Task objective: Count how many lines in the entries below hold "none". Only the number belongs in the answer.

Supplied material:

↓

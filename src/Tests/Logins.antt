-- ===== src/Tests/Logins.antt =====
-- The web interface, with one account `admin` and a user `guest` that are in the store.
use nano_ldap.Prelude.{
  map, List, ℕ, ◌+◌, ◌≡◌, ◌≢◌, refl, true, [], ◌∷◌, arith, if◌then◌else◌, Option, none, some, ◌↔◌,
  inl, Bool-cases, inr,
}
use nano_ldap.Text.{
  Bytes, codes, beq, to_lower, lower, equal_fold, trim_space, trim_left, trim_right, is_space,
}
use nano_ldap.Text.Case.{beq_iff}
use nano_ldap.Assoc.{get, put, revise}
use nano_ldap.Entry.{User, is_member_of}
use nano_ldap.Session.{Store, new_store, hex_encode, create, revoke_user, get_session}
use nano_ldap.Session.Invariant.{IsValid, new_store-IsValid, step-IsValid, created}
use nano_ldap.Accounts.{was_seen, unique_names}
use nano_ldap.Accounts.Names.{AreUnique, keys, unique_names-AreUnique}
use nano_ldap.Accounts.{UserInput, GroupInput}
use nano_ldap.Web.{
  Database, WebState, admitted, with_admin_auth, handle_login, revoke_all, handle_update_user,
  handle_update_group,
}
use nano_ldap.Web.Access.{Admission, with_admin_auth-Admission}
use nano_ldap.Web.Login.{LoggedIn, handle_login-LoggedIn, with_admin_auth-handle_login}
use nano_ldap.Web.Revoke.{handle_update_user-revoked, handle_update_group-revoked}
use nano_ldap.Tests.Data.{admin, guest, users_group}

abbrev sessions : Store
sessions = new_store 100 2

abbrev token : Option Bytes
token = some (0 ∷ 171 ∷ [])

abbrev users : Bytes → Option User
users name = if beq name (codes "admin") then some admin else none

abbrev confirm : Bytes → Bytes → Option User
confirm name password = if beq password (codes "admin") then users name else none

users_names : (name : Bytes) (found : User) → users name ≡ some found → found.username ≡ name
users_names name found e = elim (Bool-cases (beq name (codes "admin"))) [
  | inl same ↦ ground (arith, beq_iff name (codes "admin"))
  | inr other ↦ absurd (ground arith)
]

cookie_set :
    (handle_login confirm sessions (some (codes " admin", codes "admin")) 1 token 1).cookie
    ≡ some (codes "00ab")
unfolding handle_login trim_space trim_left trim_right is_space beq is_member_of equal_fold to_lower
    lower create revise hex_encode
cookie_set = refl

abbrev logged_in : Store
logged_in = (create sessions (codes "admin") 1 token 1).0

logged_in-IsValid : IsValid logged_in
logged_in-IsValid =
    step-IsValid sessions (created (codes "admin") 1 token 1) (new_store-IsValid 100 2)

let_in :
    (with_admin_auth users logged_in true (some (codes "00ab")) 5 6).1
    ≡ admitted admin (codes "00ab")
unfolding with_admin_auth get_session create revise put get hex_encode beq is_member_of equal_fold
    to_lower lower
let_in = refl

with_admin_auth-Admission_example :
    ((with_admin_auth users logged_in true (some (codes "00ab")) 5 6).1
      ≡ admitted admin (codes "00ab"))
    ↔ Admission users logged_in (some (codes "00ab")) 5 admin (codes "00ab")
with_admin_auth-Admission_example =
    with_admin_auth-Admission users logged_in true (some (codes "00ab")) 5 6 admin (codes "00ab")
      logged_in-IsValid

handle_login-LoggedIn_example :
    LoggedIn confirm sessions
      (some (codes " admin", codes "admin"))
      1
      token
      1
      (codes "00ab")
      (handle_login confirm sessions (some (codes " admin", codes "admin")) 1 token 1).sessions
handle_login-LoggedIn_example =
    handle_login-LoggedIn confirm sessions (some (codes " admin", codes "admin")) 1 token 1
      (codes "00ab") cookie_set

confirmed : confirm (trim_space (codes " admin")) (codes "admin") ≡ some admin
unfolding trim_space trim_left trim_right is_space beq
confirmed = refl

known : users admin.username ≡ some admin
unfolding beq
known = refl

admin_is_in : is_member_of admin (codes "admins" ∷ []) ≡ true
unfolding is_member_of equal_fold beq to_lower lower
admin_is_in = refl

with_admin_auth-handle_login_example :
    (with_admin_auth users
      (handle_login confirm sessions (some (codes " admin", codes "admin")) 1 token 1).sessions
      true
      (some (codes "00ab"))
      50
      51).1
    ≡ admitted admin (codes "00ab")
with_admin_auth-handle_login_example =
    with_admin_auth-handle_login confirm users sessions (codes " admin") (codes "admin") 1 token 1
      (codes "00ab") admin admin true 50 51 (new_store-IsValid 100 2) cookie_set confirmed known
      refl admin_is_in (omega arith)

-- A store that says that it has changed the user `guest` and the group `users`.
abbrev database : Database ℕ
database = record {
  authenticate_user = λ db. confirm;
  get_user_by_username = λ db. users;
  get_user_by_id = λ db id. some guest;
  update_user = λ db id input. (db + 1, some guest);
  delete_user = λ db id. (db + 1, true);
  get_group_by_id = λ db id. some users_group;
  update_group = λ db id input. (
    db + 1,
    some record {
      id = id;
      name = input.name;
      description = input.description;
      member_uids = codes "guest" ∷ [];
    },
  );
  delete_group = λ db id. (db + 1, true);
}

abbrev state : WebState ℕ
state = record { db = 0; sessions = logged_in }

abbrev user_input : UserInput
user_input = record {
  username = [];
  password = [];
  display_name = [];
  disabled = true;
  group_names = [];
}

abbrev group_input : GroupInput
group_input = record { name = codes "users"; description = [] }

still_in_user :
    (with_admin_auth users
      (handle_update_user database state (some 4) (some user_input)).0.sessions
      true
      (some (codes "00ab"))
      5
      6).1
    ≡ admitted admin (codes "00ab")
unfolding with_admin_auth get_session create revise put get hex_encode beq is_member_of equal_fold
    to_lower lower handle_update_user revoke_user
still_in_user = refl

handle_update_user-revoked_example : admin.username ≢ guest.username
handle_update_user-revoked_example =
    handle_update_user-revoked database state 4 1 user_input guest users true (some (codes "00ab"))
      5 6 admin (codes "00ab") logged_in-IsValid refl users_names still_in_user

still_in_group :
    (with_admin_auth users
      (handle_update_group database state (some 4) (some group_input)).0.sessions
      true
      (some (codes "00ab"))
      5
      6).1
    ≡ admitted admin (codes "00ab")
unfolding with_admin_auth get_session create revise put get hex_encode beq is_member_of equal_fold
    to_lower lower handle_update_group revoke_all revoke_user
still_in_group = refl

handle_update_group-revoked_example : admin.username ≢ codes "guest"
handle_update_group-revoked_example =
    handle_update_group-revoked database state 4 1 group_input
      (record { id = 4; name = codes "users"; description = []; member_uids = codes "guest" ∷ [] })
      (codes "guest") users true (some (codes "00ab")) 5 6 admin (codes "00ab") logged_in-IsValid
      refl (inl refl) users_names still_in_group

-- Blank names go, and names that differ in case come once.
abbrev form_names : List Bytes
form_names = codes " Users" ∷ codes " " ∷ codes "users" ∷ codes "admins " ∷ []

form_names_once : unique_names form_names ≡ codes "Users" ∷ codes "admins" ∷ []
unfolding unique_names trim_space trim_left trim_right is_space to_lower lower beq
form_names_once = refl

unique_names-AreUnique_example :
    AreUnique (unique_names form_names)
    × (was_seen (map to_lower (unique_names form_names)) (codes "users")
        ≡ was_seen (keys form_names) (codes "users"))
unique_names-AreUnique_example = unique_names-AreUnique form_names (codes "users")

↑

Exercise result: 3